An Inside Passage

IN KURT CASWELL’S debut book, An Inside Passage, you will find: a “weird love triangle,” a beautiful dead girl, a hawk that appears like a vision, a wounded boy, and a variety of landscapes from around the world so accurately penned you cannot help but feel you were actually there. His writing brings every sense to bear, and days later you will still have an exotic smell lingering in your nostrils.

At its essence, this book is a memoir. The story, which won the 2008 River Teeth Literary Nonfiction Prize, is about the author’s personal journey and his relationship with the world and people around him. He admits that nothing amazing happens, “just this and that.” But the situations in themselves are incredible, made even more so by Caswell’s clean and evocative language: 108 hours fasting in Death Valley, a wedding in Delhi, fighting with his spouse in the Philippines. He reminds us of our own personally sensational moments, and how to keep finding them in the strangest places.
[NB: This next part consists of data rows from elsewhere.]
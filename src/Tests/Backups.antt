-- ===== src/Tests/Backups.antt =====
-- The backup of a node: its files, its run, and where the files are found again.
use cassandra_medusa.Base.{
  ℕ, ◌+◌, ◌≤◌, ◌<◌, Bool, true, false, not, ◌&&◌, Option, none, some, List, [], ◌∷◌, ◌++◌, ◌≡◌,
  refl, inl, inr, map, length, arith, if◌then◌else◌, ltb, ◌==◌,
}
use cassandra_medusa.Base.{Exception, Result, ok, err, io_error, runtime_error}
use cassandra_medusa.Base.Text.{Text, codes}
use cassandra_medusa.Manifest.{ManifestObject}
use cassandra_medusa.ClusterBackup.{section_counts}
use cassandra_medusa.BackupManager.{status_unknown}
use cassandra_medusa.Storage.NodeBackup.{NodeBackup, backup_exists}
use cassandra_medusa.Storage.Tables.{sanitize_keyspace_and_table_name}
use cassandra_medusa.Storage.Tables.RoundTrip.{sanitize-stored_path}
use cassandra_medusa.Tests.Fixture.{store_driver, one_backup, backup_b1, kept_file}
use cassandra_medusa.BackupNode.{SnapshotPath, Progress, backup_snapshots}
use cassandra_medusa.BackupNode.Upload.{total_files, backup_snapshots_conserves}
use cassandra_medusa.BackupNode.Stagger.{stagger_loop, stagger_loop_ends}
use cassandra_medusa.BackupNode.Run.{Host, no_progress, handle_backup}
use cassandra_medusa.BackupNode.Run.Outcome.{IsOutcome, handle_backup-IsOutcome}

-- An upload that puts each file under its table's folder; the store counts the files.
abbrev upload_all : List Text → Text → ℕ → List ManifestObject × ℕ
upload_all srcs dst n =
    (map (λ src. record { path = dst ++ src; size = 1; md5 = codes "x" }) srcs, n + length srcs)

length-upload_all :
    (srcs : List Text) (dst : Text) (n : ℕ) → length (upload_all srcs dst n).0 ≡ length srcs
length-upload_all [] dst n = refl
length-upload_all (src ∷ srcs) dst n = omega (arith, length-upload_all srcs dst n)

abbrev table_dir : SnapshotPath
table_dir = record {
  keyspace = codes "ks";
  columnfamily = codes "t";
  files =
      codes "/d/ks/t/snapshots/b1/f1"
      ∷ codes "/d/ks/t/snapshots/b1/f2"
      ∷ codes "/d/ks/t/snapshots/b1/manifest.json"
      ∷ [];
}

-- f1 is in the storage already, f2 is not, and manifest.json is not backed up.
abbrev one_table : Progress
one_table = record {
  num_files = 1;
  replaced = 0;
  kept = 1;
  manifest =
      record {
        keyspace = codes "ks";
        columnfamily = codes "t";
        objects =
            record { path = codes "n1/data/ks/t/d/ks/t/snapshots/b1/f2"; size = 1; md5 = codes "x" }
            ∷ kept_file
            ∷ [];
      }
      ∷ [];
}

one_table_run :
    backup_snapshots
      (λ _ _. true)
      upload_all
      []
      backup_b1
      ((codes "ks", (codes "t", (codes "f1", kept_file) ∷ []) ∷ []) ∷ [])
      (table_dir ∷ [])
      no_progress
      0
    ≡ (ok one_table, 1)
unfolding backup_snapshots cassandra_medusa.Base.Dict.lookup cassandra_medusa.Base.Text.path_join
one_table_run = refl

backup_snapshots_conserves_example :
    (1 + 1 ≡ 0 + 0 + total_files (table_dir ∷ []))
    × (section_counts one_table.manifest + (0 + 0) ≡ section_counts [] + (1 + 1))
    × (0 + 0 ≤ 0 + 1)
backup_snapshots_conserves_example =
    backup_snapshots_conserves (λ _ _. true) upload_all [] length-upload_all backup_b1
      ((codes "ks", (codes "t", (codes "f1", kept_file) ∷ []) ∷ []) ∷ []) (table_dir ∷ [])
      no_progress one_table 0 1 one_table_run

-- The node in front finishes before the third look.
abbrev third_look : ℕ → Result Bool
third_look k = ok (ltb 1 k)

stagger_loop_ends_example :
    stagger_loop 9 third_look (λ _. true) 0 ≡ (if true then ok 2 else err io_error)
stagger_loop_ends_example =
    stagger_loop_ends third_look (λ _. true) 9 2 true (omega arith) (λ k h. (ground arith, refl))
      refl (λ e. ground arith)

abbrev host : Host store_driver.State
host = record {
  store = one_backup;
  manager =
      some ((codes "b2", record { future = none; status = status_unknown; is_async = false }) ∷ []);
  marker = true;
}

abbrev backup_b2 : NodeBackup
backup_b2 = record backup_b1 {
  name = codes "b2";
  meta_path = codes "n1/b2/meta";
  schema_blob = none;
}

-- A backup whose snapshot cannot be taken.
handle_backup-IsOutcome_example :
    IsOutcome store_driver
      (codes "false")
      (codes "b2")
      (if backup_exists store_driver backup_b2 one_backup && not false
        then err io_error
        else err runtime_error)
      (handle_backup store_driver
        (codes "false")
        {A = ℕ}
        (codes "b2")
        backup_b2
        false
        (λ s. (err runtime_error, s))
        host)
    × ((handle_backup store_driver
          (codes "false")
          {A = ℕ}
          (codes "b2")
          backup_b2
          false
          (λ s. (err runtime_error, s))
          host).1.marker
        ≡ false)
unfolding cassandra_medusa.Base.Dict.lookup cassandra_medusa.Base.Text.text_eq
handle_backup-IsOutcome_example =
    handle_backup-IsOutcome store_driver (codes "false") (codes "b2") backup_b2 false
      (λ s. (err runtime_error, s)) host refl

sanitize-stored_path_example :
    sanitize_keyspace_and_table_name (codes "n1/data/ks/t/f1") ≡ ok (codes "ks", codes "t")
unfolding cassandra_medusa.Base.Text.starts_with cassandra_medusa.Storage.Tables.is_2i_or_dse
sanitize-stored_path_example =
    sanitize-stored_path (codes "n1/data") (codes "ks") (codes "t") (codes "f1") refl
      (refl, (refl, tt)) (refl, tt) (refl, (refl, tt)) refl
Searching for his own indigenous claim on a place, Caswell finds himself everywhere, which makes it hard for him to decide exactly where to plant his feet. The point is, he never does. He divorces his wife in Colorado, heads into the cloudy mountains of northern Japan, returns to his birthplace in Alaska. Frequently he quotes Bruce Chatwin on the virtues of homelessness. To Caswell, homelessness seems a form of being home.

Don’t look for a lot of direction here. Caswell is a sometimes plotless wanderer, but that ends up giving the book its frank and satisfying tenor. His prose has the feel of haiku, like reading something by a seventeenth century Chinese poet. He is a traveler with a stick over his shoulder, his days full of fine observations, sharp turns in meaning and environment. He can be hilarious. At one point he is dispatched into the wilderness to retrieve a young hiker who, in an ad hoc ceremony with other boys, injured himself by piercing his own penis. He writes, “You see, he had injured himself in a private way. To be more clear, he had injured his private self, in a private way. . . .”

Caswell’s honesty and vulnerability might seem embarrassing at times, but he is of course choosing what to show. You’ve not accidentally stumbled on him alone in the desert. He wants you to see him. He wants you to know exactly what it feels like. At this, he succeeds, a plum of a storyteller. You put on his skin and travel to places you will probably never go to, experiencing moments both remarkable and mundane that will never happen again. When you are done, you will feel like you have made a crossing.